Your task → Identify each line below that contains the word "else", and copy it out.
START Entries supplied
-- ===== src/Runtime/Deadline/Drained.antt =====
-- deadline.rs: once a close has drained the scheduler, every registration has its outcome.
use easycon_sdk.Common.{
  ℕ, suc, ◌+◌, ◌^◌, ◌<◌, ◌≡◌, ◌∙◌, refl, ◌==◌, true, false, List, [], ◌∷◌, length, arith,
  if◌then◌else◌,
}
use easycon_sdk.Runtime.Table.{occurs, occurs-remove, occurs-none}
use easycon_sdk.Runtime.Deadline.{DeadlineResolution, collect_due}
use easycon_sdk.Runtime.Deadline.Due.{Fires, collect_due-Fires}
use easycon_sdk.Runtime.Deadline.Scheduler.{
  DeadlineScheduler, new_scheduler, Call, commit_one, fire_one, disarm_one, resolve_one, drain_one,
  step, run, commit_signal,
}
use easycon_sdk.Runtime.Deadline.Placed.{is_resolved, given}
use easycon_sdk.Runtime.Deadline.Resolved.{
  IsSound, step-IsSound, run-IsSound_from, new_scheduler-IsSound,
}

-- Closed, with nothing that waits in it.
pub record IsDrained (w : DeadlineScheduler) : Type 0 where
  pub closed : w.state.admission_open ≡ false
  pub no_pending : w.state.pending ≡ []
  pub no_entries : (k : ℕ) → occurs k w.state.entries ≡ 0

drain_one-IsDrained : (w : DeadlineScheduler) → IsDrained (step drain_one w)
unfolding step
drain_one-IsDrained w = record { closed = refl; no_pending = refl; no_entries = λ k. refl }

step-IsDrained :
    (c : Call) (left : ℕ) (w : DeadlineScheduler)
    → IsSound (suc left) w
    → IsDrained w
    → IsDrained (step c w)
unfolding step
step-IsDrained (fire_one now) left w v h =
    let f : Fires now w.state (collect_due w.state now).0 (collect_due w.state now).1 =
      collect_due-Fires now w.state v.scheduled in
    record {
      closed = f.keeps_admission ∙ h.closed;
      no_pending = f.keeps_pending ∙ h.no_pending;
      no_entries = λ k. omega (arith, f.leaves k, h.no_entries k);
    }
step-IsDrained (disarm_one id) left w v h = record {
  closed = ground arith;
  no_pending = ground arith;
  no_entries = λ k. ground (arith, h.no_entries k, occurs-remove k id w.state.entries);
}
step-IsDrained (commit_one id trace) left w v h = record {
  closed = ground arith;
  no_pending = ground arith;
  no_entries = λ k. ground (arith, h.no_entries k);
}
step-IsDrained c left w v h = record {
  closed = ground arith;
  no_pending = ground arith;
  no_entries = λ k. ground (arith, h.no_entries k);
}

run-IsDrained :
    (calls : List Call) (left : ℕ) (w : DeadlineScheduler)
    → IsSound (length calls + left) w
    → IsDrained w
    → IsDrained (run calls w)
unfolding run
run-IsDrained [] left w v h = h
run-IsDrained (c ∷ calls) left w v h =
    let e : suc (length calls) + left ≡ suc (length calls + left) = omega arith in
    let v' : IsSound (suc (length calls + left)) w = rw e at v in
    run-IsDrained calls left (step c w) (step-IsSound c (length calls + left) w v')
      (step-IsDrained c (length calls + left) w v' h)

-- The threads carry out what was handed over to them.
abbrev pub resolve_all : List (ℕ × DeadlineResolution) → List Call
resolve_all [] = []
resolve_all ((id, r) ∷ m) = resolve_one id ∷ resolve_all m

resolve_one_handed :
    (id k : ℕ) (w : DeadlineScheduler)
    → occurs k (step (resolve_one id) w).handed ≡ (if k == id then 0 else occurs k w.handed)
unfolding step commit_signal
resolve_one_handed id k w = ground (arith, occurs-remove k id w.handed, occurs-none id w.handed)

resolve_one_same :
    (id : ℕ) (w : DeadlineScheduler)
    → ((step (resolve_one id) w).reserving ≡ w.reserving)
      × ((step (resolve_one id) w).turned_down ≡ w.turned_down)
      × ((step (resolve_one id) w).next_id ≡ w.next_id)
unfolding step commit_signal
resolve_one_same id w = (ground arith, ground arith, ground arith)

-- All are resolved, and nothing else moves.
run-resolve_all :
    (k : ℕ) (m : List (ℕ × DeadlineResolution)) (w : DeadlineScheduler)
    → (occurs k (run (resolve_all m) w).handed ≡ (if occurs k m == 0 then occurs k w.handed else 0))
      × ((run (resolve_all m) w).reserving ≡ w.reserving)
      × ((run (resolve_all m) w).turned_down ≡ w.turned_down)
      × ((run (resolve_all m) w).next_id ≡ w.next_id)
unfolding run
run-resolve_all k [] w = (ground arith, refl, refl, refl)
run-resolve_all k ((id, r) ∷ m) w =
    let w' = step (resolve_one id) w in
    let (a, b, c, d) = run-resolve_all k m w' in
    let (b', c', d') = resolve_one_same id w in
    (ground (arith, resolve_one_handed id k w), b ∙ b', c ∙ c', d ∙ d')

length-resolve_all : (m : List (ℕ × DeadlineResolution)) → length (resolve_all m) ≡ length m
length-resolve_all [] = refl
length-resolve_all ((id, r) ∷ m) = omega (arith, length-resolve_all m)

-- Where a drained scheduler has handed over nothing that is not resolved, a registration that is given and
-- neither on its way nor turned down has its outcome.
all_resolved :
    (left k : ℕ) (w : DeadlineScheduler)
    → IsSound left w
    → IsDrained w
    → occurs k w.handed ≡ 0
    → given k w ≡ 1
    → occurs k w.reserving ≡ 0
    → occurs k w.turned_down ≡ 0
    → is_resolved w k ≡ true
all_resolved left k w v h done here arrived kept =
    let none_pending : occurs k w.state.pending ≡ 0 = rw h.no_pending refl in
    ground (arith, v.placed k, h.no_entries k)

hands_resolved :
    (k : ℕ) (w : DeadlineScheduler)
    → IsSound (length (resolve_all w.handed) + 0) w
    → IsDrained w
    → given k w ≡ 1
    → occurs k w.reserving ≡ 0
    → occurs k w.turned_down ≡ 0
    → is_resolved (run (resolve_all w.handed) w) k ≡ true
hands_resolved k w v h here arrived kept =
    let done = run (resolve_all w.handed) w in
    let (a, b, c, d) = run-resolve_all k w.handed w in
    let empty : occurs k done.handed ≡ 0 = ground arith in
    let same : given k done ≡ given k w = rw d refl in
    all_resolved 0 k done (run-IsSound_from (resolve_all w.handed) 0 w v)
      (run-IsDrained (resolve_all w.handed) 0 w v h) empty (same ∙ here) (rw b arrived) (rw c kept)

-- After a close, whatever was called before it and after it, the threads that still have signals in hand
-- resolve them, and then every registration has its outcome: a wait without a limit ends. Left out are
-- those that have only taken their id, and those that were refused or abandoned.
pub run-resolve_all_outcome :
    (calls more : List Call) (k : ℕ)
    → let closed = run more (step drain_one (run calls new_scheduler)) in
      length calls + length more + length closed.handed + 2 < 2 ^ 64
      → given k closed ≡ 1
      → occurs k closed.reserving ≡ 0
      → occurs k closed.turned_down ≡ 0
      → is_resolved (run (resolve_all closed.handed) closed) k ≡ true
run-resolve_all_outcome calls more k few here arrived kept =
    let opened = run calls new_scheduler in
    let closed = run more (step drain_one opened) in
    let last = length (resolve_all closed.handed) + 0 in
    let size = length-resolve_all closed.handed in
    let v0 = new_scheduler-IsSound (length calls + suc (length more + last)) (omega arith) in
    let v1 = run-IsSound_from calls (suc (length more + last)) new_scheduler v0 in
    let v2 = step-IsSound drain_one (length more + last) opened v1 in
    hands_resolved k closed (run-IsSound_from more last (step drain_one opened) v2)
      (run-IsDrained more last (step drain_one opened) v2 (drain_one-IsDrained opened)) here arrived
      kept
END Entries supplied
Finished task →
  if◌then◌else◌,
    → occurs k (step (resolve_one id) w).handed ≡ (if k == id then 0 else occurs k w.handed)
-- All are resolved, and nothing else moves.
    → (occurs k (run (resolve_all m) w).handed ≡ (if occurs k m == 0 then occurs k w.handed else 0))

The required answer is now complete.